Giorgi Lomsadze
June 26, 2012
A bearded Orthodox priest solemnly gliding by on rollerblades is not a usual sight in Georgia. Or elsewhere, for that matter. Yet along a bridge and into Tbilisi's downtown area a priest in flowing robes did glide the other day. Granted, the Bible chronicles stranger things, but several alarmed local priests promptly appeared on the scene and ordered the holy roller to give up his sinful ways.
In fact, the coasting reverend was an actor and the miraculous sight was part of a movie project, but the real clerics declared that the scene ridiculed the Georgian Orthodox Church and demanded a halt to production. Police had to intervene between the film crew and the priests, who were backed up by seminary students. In the end, the movie-makers beat a retreat, reported the Netgazeti.ge news site.
Back in the Soviet era, parodying priests in movies was frequent and keenly encouraged by the state. A confrontation between a rotund, gluttonous priest and a relentless anarchist ("Jesus was slim. What made you gain weight?") is a trademark of the 1970s classic, The Adventures of Lazarus. One of the best known Georgian movies from the same period, The Wishing Tree, features a frivolous village priest with a taste for the bottle.
But those days are long gone.
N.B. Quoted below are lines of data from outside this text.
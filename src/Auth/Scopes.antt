-- ===== src/Auth/Scopes.antt =====
-- The scopes of a route and the test against forged requests in backend/synqc_backend/auth/deps.py.
use syn_qc_temporal_dynamics.Prelude.{
  String, str_eq, eq_iff, ◌≡◌, ◌⊎◌, ◌↔◌, refl, Bool, true, false, not, Option, none, some, List, [],
  ◌∷◌, arith, if◌then◌else◌, keep_if, ok, raise, All, Bool-cases, Option-cases, inl, inr, ap,
}
use syn_qc_temporal_dynamics.Dict.Sweep.{member}
use syn_qc_temporal_dynamics.Auth.{
  Principal, Settings, Request, csrf_failed, missing_scope, present, both_equal, needs_auth,
  is_safe_method, missing_scopes, check_missing, is_anonymous, require_scopes, require_csrf,
}

-- A scope is given directly or by `*`.
pub Covers : Principal → List String → Type 0
Covers p required = (member "*" p.scopes ≡ true) ⊎ All (λ t. member t p.scopes ≡ true) required

keep_if-nil :
    (f : String → Bool) (ts : List String)
    → keep_if (λ t. not (f t)) ts ≡ []
    → All (λ t. f t ≡ true) ts
keep_if-nil f [] h = tt
keep_if-nil f (t ∷ ts) h = ground (arith, keep_if-nil f ts)

missing-All :
    (f : String → Bool) (ts : List String) → All (λ t. f t ≡ false) (keep_if (λ t. not (f t)) ts)
missing-All f [] = tt
missing-All f (t ∷ ts) = ground (arith, missing-All f ts)

keep_if-All :
    (f : String → Bool) (ts : List String)
    → All (λ t. f t ≡ true) ts
    → keep_if (λ t. not (f t)) ts ≡ []
keep_if-All f [] h = refl
keep_if-All f (t ∷ ts) h = ground (arith, h, keep_if-All f ts h.1)

not_covered :
    (required : List String) (p : Principal) (t : String) (ts : List String)
    → member "*" p.scopes ≡ false
    → missing_scopes required p.scopes ≡ t ∷ ts
    → Covers p required
    → ⊥
unfolding missing_scopes Covers
not_covered required p t ts no_star lack (inl star) = ground (arith, star, no_star)
not_covered required p t ts no_star lack (inr all) =
    ground (arith, lack, keep_if-All (λ t. member t p.scopes) required all)

List-cases : (ts : List String) → (ts ≡ []) ⊎ ((t : String) × (us : List String) × (ts ≡ t ∷ us))
List-cases [] = inl refl
List-cases (t ∷ ts) = inr (t, ts, refl)

require_scopes-known :
    (c : Settings) (required : List String) (p : Principal)
    → needs_auth c ≡ true
    → is_anonymous p.kind ≡ false
    → require_scopes c required p
      ≡ (if member "*" p.scopes then ok p else check_missing p (missing_scopes required p.scopes))
unfolding require_scopes
require_scopes-known c required p n a = rw (n, a) refl

-- Where authentication asks for a scope, the answer to a known principal is decided by its scopes:
-- it is let through exactly if it has `*` or each of the scopes, and otherwise the exception lists
-- scopes that are missing, at least one.
pub require_scopes_iff :
    (c : Settings) (required : List String) (p : Principal)
    → needs_auth c ≡ true
    → is_anonymous p.kind ≡ false
    → ((require_scopes c required p ≡ ok p) ↔ Covers p required)
      × ((require_scopes c required p ≡ ok p)
          ⊎ ((t : String) × (ts : List String) × (require_scopes c required p
                ≡ raise (missing_scope (t ∷ ts)))
              × All (λ u. member u p.scopes ≡ false) (t ∷ ts)))
unfolding require_scopes missing_scopes Covers
require_scopes_iff c required p n a =
    let known = require_scopes-known c required p n a in
    let missing = missing_scopes required p.scopes in
    elim (Bool-cases (member "*" p.scopes)) [
      | inl star ↦
          let e : require_scopes c required p ≡ ok p = rw (known, star) refl in
          (((λ _. inl star), (λ _. e)), inl e)
      | inr no_star ↦ elim (List-cases missing) [
        | inl full ↦
            let e : require_scopes c required p ≡ ok p = rw (known, no_star, full) refl in
            let all = keep_if-nil (λ t. member t p.scopes) required full in
            (((λ _. inr all), (λ _. e)), inl e)
        | inr (t, ts, lack) ↦
            let e : require_scopes c required p ≡ raise (missing_scope (t ∷ ts)) =
              rw (known, no_star, lack) refl in
            (
              (
                (λ h. absurd (ground (arith, h, e))),
                (λ h. absurd (not_covered required p t ts no_star lack h)),
              ),
              inr (t, ts, e, rw lack at (missing-All (λ t. member t p.scopes) required)),
            )
      ]
    ]

pub SameToken : Request → Type 0
SameToken r =
    (t : String) × (r.csrf_cookie ≡ some t) × (r.csrf_header ≡ some t) × (str_eq t "" ≡ false)

both_equal-some :
    (a b : String)
    → both_equal (present (some a)) (present (some b)) ≡ true
    → (str_eq a "" ≡ false) × (b ≡ a)
both_equal-some a b h = ground (arith, h, eq_iff a b)

both_equal_iff :
    (a b : Option String)
    → (both_equal (present a) (present b) ≡ true)
      ↔ ((t : String) × (a ≡ some t) × (b ≡ some t) × (str_eq t "" ≡ false))
both_equal_iff none none = ground (arith)
both_equal_iff (some a) none = ground (arith)
both_equal_iff none (some b) = ground (arith)
both_equal_iff (some a) (some b) = (
  (λ h. let facts = both_equal-some a b h in (a, refl, ap some facts.1, facts.0)),
  (λ (t, p, q, full). ground (arith, p, q, full, eq_iff a b, eq_iff t t)),
)

is_safe_method_iff :
    (m : String) → (is_safe_method m ≡ true) ↔ ((m ≡ "GET") ⊎ (m ≡ "HEAD") ⊎ (m ≡ "OPTIONS"))
unfolding is_safe_method
is_safe_method_iff m = ground (arith, eq_iff m "GET", eq_iff m "HEAD", eq_iff m "OPTIONS")

-- The test against forged requests passes exactly for the methods GET, HEAD and OPTIONS, for a
-- request without the session cookie, and for one whose cookie and header hold the same token, not empty.
pub require_csrf_iff :
    (r : Request)
    → (require_csrf r ≡ ok tt) ↔ (
        ((r.method ≡ "GET") ⊎ (r.method ≡ "HEAD") ⊎ (r.method ≡ "OPTIONS"))
        ⊎ (present r.session_cookie ≡ none)
        ⊎ SameToken r)
unfolding require_csrf SameToken
require_csrf_iff r =
    let same = both_equal_iff r.csrf_cookie r.csrf_header in
    let known = is_safe_method_iff r.method in
    elim (Bool-cases (is_safe_method r.method)) [
      | inl safe ↦ ((λ _. inl (known.0 safe)), (λ _. rw safe refl))
      | inr unsafe ↦ elim (Option-cases (present r.session_cookie)) [
        | inl no_cookie ↦ ((λ _. inr (inl no_cookie)), (λ _. rw (unsafe, no_cookie) refl))
        | inr (sid, cookie) ↦
            elim (Bool-cases (both_equal (present r.csrf_cookie) (present r.csrf_header))) [
              | inl equal ↦
                  ((λ _. inr (inr (same.0 equal))), (λ _. rw (unsafe, cookie, equal) refl))
              | inr differ ↦
                  let e : require_csrf r ≡ raise csrf_failed = rw (unsafe, cookie, differ) refl in
                  (
                    (λ h. absurd (ground (arith, h, e))),
                    (λ h. absurd (ground (arith, h, unsafe, cookie, differ, same.1, known.1))),
                  )
            ]
      ]
    ]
Now, Georgia is in the midst of a cultural war between those who push for Western-European-style secularism, and those who view the 1,675-year-old Georgian Orthodox Church as the very essence of national identity.
The Georgian Orthodox Church, widely viewed as the country's most trusted institution, has taken on the Harry Potter series, Halloween celebrations and any sacrilegious work of fiction -- a tendency that liberal critics say amounts to encroachments on freedom of expression.
The confrontation between the faithful and the liberals mostly rages online, but sometimes it spills into the streets. In comments to Netgazeti, Levan Ghlonti, the director of the film with the skating priest, essentially reiterated the point made by The Adventures of Lazarus anarchist.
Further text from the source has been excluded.